* [REQUIRED ACTION]: Which of the lines in the listing that follows hold "then"? Pull each one out.

(GIVEN DATA Opens)

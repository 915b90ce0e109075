-- ===== src/Recycle.antt =====
-- src/extent.c: how an arena takes extents from an `extents_t`, cut to the pages asked for, and gives
-- them back, merged with their neighbours, and which it evicts. Code that runs under the mutex of
-- the `extents_t` is one step here.
pub mod Cut
pub mod Alloc
pub mod Chunks
pub mod Join
pub mod Coalesce
pub mod Evict
pub mod Oldest
pub mod Loose
pub mod Given
use nvalloc.Prelude.{
  ℕ, zero, suc, ◌+◌, ◌-◌, ◌*◌, ◌/◌, ◌%◌, Bool, true, false, not, ◌&&◌, ◌||◌, Option, none, some,
  if◌then◌else◌, ltb, leb, ◌==◌, ◌>>=◌, ◌>>◌, assert, update,
}
use nvalloc.Machine.{page_size, chunk_size, round_up}
use nvalloc.SizeClass.Table.{max_psz_idx, slab_scind}
use nvalloc.Log.{null}
use nvalloc.Containers.{ExtentHeap, ExtentList, ExtentTree, LeafElm}
use nvalloc.Extents.{
  Extent, ExtentState, Extents, Store, same_state, extent_state_set, extents_insert_locked,
  extents_remove_locked, extent_activate_locked, extent_deactivate_locked, extent_recycle_extract,
}
use nvalloc.Space.{
  Space, extent_split_impl, extent_merge_impl, extent_interior_register, extent_interior_deregister,
  extent_register, extent_init, extent_past_get, extent_before_get,
}

-- the loop of `n_muzzy_extent_can_evict`: `tempaddr` before the addition, what was counted and where
-- it starts
unfoldable pub count_chunks : ℕ → ℕ → ℕ → ℕ → ℕ → Option (ℕ × ℕ)
count_chunks zero tempaddr maxaddr ret start = none
count_chunks (suc fuel) tempaddr maxaddr ret start =
    let next = tempaddr + chunk_size in
    let rest = count_chunks fuel next maxaddr (ret + 1) (if ret == 0 then next else start) in
    if leb next maxaddr then rest else some (ret, start)

-- how many chunks, and the address stored in `*start`, where that is written
unfoldable pub n_muzzy_extent_can_evict : Extent → ℕ → Option (ℕ × ℕ)
n_muzzy_extent_can_evict extent start =
    let minaddr = extent.e_addr in
    let maxaddr = extent.e_addr + extent.size in
    assert (same_state extent.state ExtentState.muzzy)
    >> (if ltb extent.size chunk_size
        then some (0, start)
        else count_chunks (extent.size / chunk_size + 1) (round_up minaddr chunk_size) maxaddr 0
            start)

module _ (heap : ExtentHeap) (list : ExtentList) (tree : ExtentTree) where
  -- the memory and one `extents_t` of an arena
  pub record World : Type 0 where
    pub space : Space tree
    pub extents : Extents heap list

  abbrev pub extent_at : World → ℕ → Extent
  extent_at world extent = world.space.store extent

  abbrev pub write_extent : World → ℕ → Extent → World
  write_extent world extent e = record world {
    space = record world.space { store = update world.space.store extent e };
  }

  abbrev pub with_store : World → Store × Extents heap list → World
  with_store world (store, extents) = record {
    space = record world.space { store = store };
    extents = extents;
  }

  -- `rtree_szind_slab_update`
  unfoldable pub rtree_szind_slab_update : tree.Tree → ℕ → ℕ → Bool → Option tree.Tree
  rtree_szind_slab_update rtree addr szind slab = do
    assert (not slab || szind == slab_scind)
    some (tree.write rtree addr (record (tree.read rtree addr) { szind = szind; slab = slab }))

  -- The lead is always empty: its size is an address less itself. The result is the trail, if any;
  -- without memory for it the caller asserts that this does not happen.
  unfoldable pub extent_split_interior :
      Space tree → Option ℕ → ℕ → ℕ → ℕ → ℕ → Bool → ℕ → Option (Option ℕ × Space tree)
  extent_split_interior space memory arena extent vslab npages slab szind =
      let psize = npages * page_size in
      let e = space.store extent in
      let trailsize = e.size - psize in
      let cut : Option (Option ℕ × Space tree) = (do
        (trail, s) ←
            extent_split_impl tree space memory arena extent psize szind slab trailsize max_psz_idx
              false vslab null
        t ← trail
        some (some t, s)) in
      let updated : Option tree.Tree = (do
        t ← rtree_szind_slab_update space.rtree e.e_addr szind slab
        if slab && ltb page_size e.size
            then rtree_szind_slab_update t (extent_past_get e - page_size) szind slab
            else some t) in
      let whole : Option (Option ℕ × Space tree) = (do
        assert (szind == max_psz_idx || same_state e.state ExtentState.active)
        t ← (if szind == max_psz_idx then some space.rtree else updated)
        some (
          none,
          record { store = update space.store extent (record e { szind = szind }); rtree = t },
        )) in
      if leb psize e.size then (if trailsize == 0 then whole else cut) else none

  unfoldable pub extent_recycle_split : World → Option ℕ → ℕ → ℕ → ℕ → Bool → ℕ → ℕ → Option World
  extent_recycle_split world memory arena vslab npages slab szind extent = do
    (trail, s) ← extent_split_interior world.space memory arena extent vslab npages slab szind
    let split : World = record world { space = s }
    elim trail [
      | none ↦ some split
      | some t ↦ extent_deactivate_locked heap list s.store world.extents t arena >>= λ r.
          some (with_store split r)
    ]

  -- `memory` is what `extent_alloc` returns if the extent is split
  unfoldable pub extent_recycle :
      World → Option ℕ → ℕ → ℕ → ℕ → Bool → ℕ → Option (Option ℕ × World)
  extent_recycle world memory arena vslab npages slab szind = do
    (found, store, extents) ←
        extent_recycle_extract heap list world.space.store world.extents npages arena
    let taken = with_store world (store, extents)
    elim found [
      | none ↦ some (none, taken)
      | some extent ↦ (do
        w ← extent_recycle_split taken memory arena vslab npages slab szind extent
        assert (same_state (extent_at w extent).state ExtentState.active)
        let marked = write_extent w extent (record (extent_at w extent) { slab = slab })
        if slab
            then (do
              s ← extent_interior_register tree marked.space extent szind vslab
              some (some extent, record marked { space = s }))
            else some (some extent, w))
    ]

  unfoldable pub extents_alloc : World → Option ℕ → ℕ → ℕ → ℕ → Bool → ℕ → Option (Option ℕ × World)
  extents_alloc world memory arena vslab npages slab szind =
      assert (not (npages == 0)) >> extent_recycle world memory arena vslab npages slab szind

  -- An extent over given memory; its slab is registered as null.
  unfoldable pub extent_alloc_with_old_addr :
      Space tree → Option ℕ → ℕ → ℕ → ℕ → Bool → ℕ → Option (Option ℕ × Space tree)
  extent_alloc_with_old_addr space none arena new_addr npages slab szind =
      assert (not (new_addr == null)) >> some (none, space)
  extent_alloc_with_old_addr space (some extent) arena new_addr npages slab szind = do
    assert (not (new_addr == null))
    let e =
        extent_init (space.store extent) arena new_addr (npages * page_size) slab szind
          ExtentState.active
    (failed, s) ←
        extent_register tree (record space { store = update space.store extent e }) extent null
    some (if failed then none else some extent, s)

(GIVEN DATA Closes)

* [RESULT OF THIS TASK]:
  if◌then◌else◌, ltb, leb, ◌==◌, ◌>>=◌, ◌>>◌, assert, update,
    let rest = count_chunks fuel next maxaddr (ret + 1) (if ret == 0 then next else start) in
    if leb next maxaddr then rest else some (ret, start)
        then some (0, start)
            then rtree_szind_slab_update t (extent_past_get e - page_size) szind slab
        t ← (if szind == max_psz_idx then some space.rtree else updated)
      if leb psize e.size then (if trailsize == 0 then whole else cut) else none
            then (do
    some (if failed then none else some extent, s)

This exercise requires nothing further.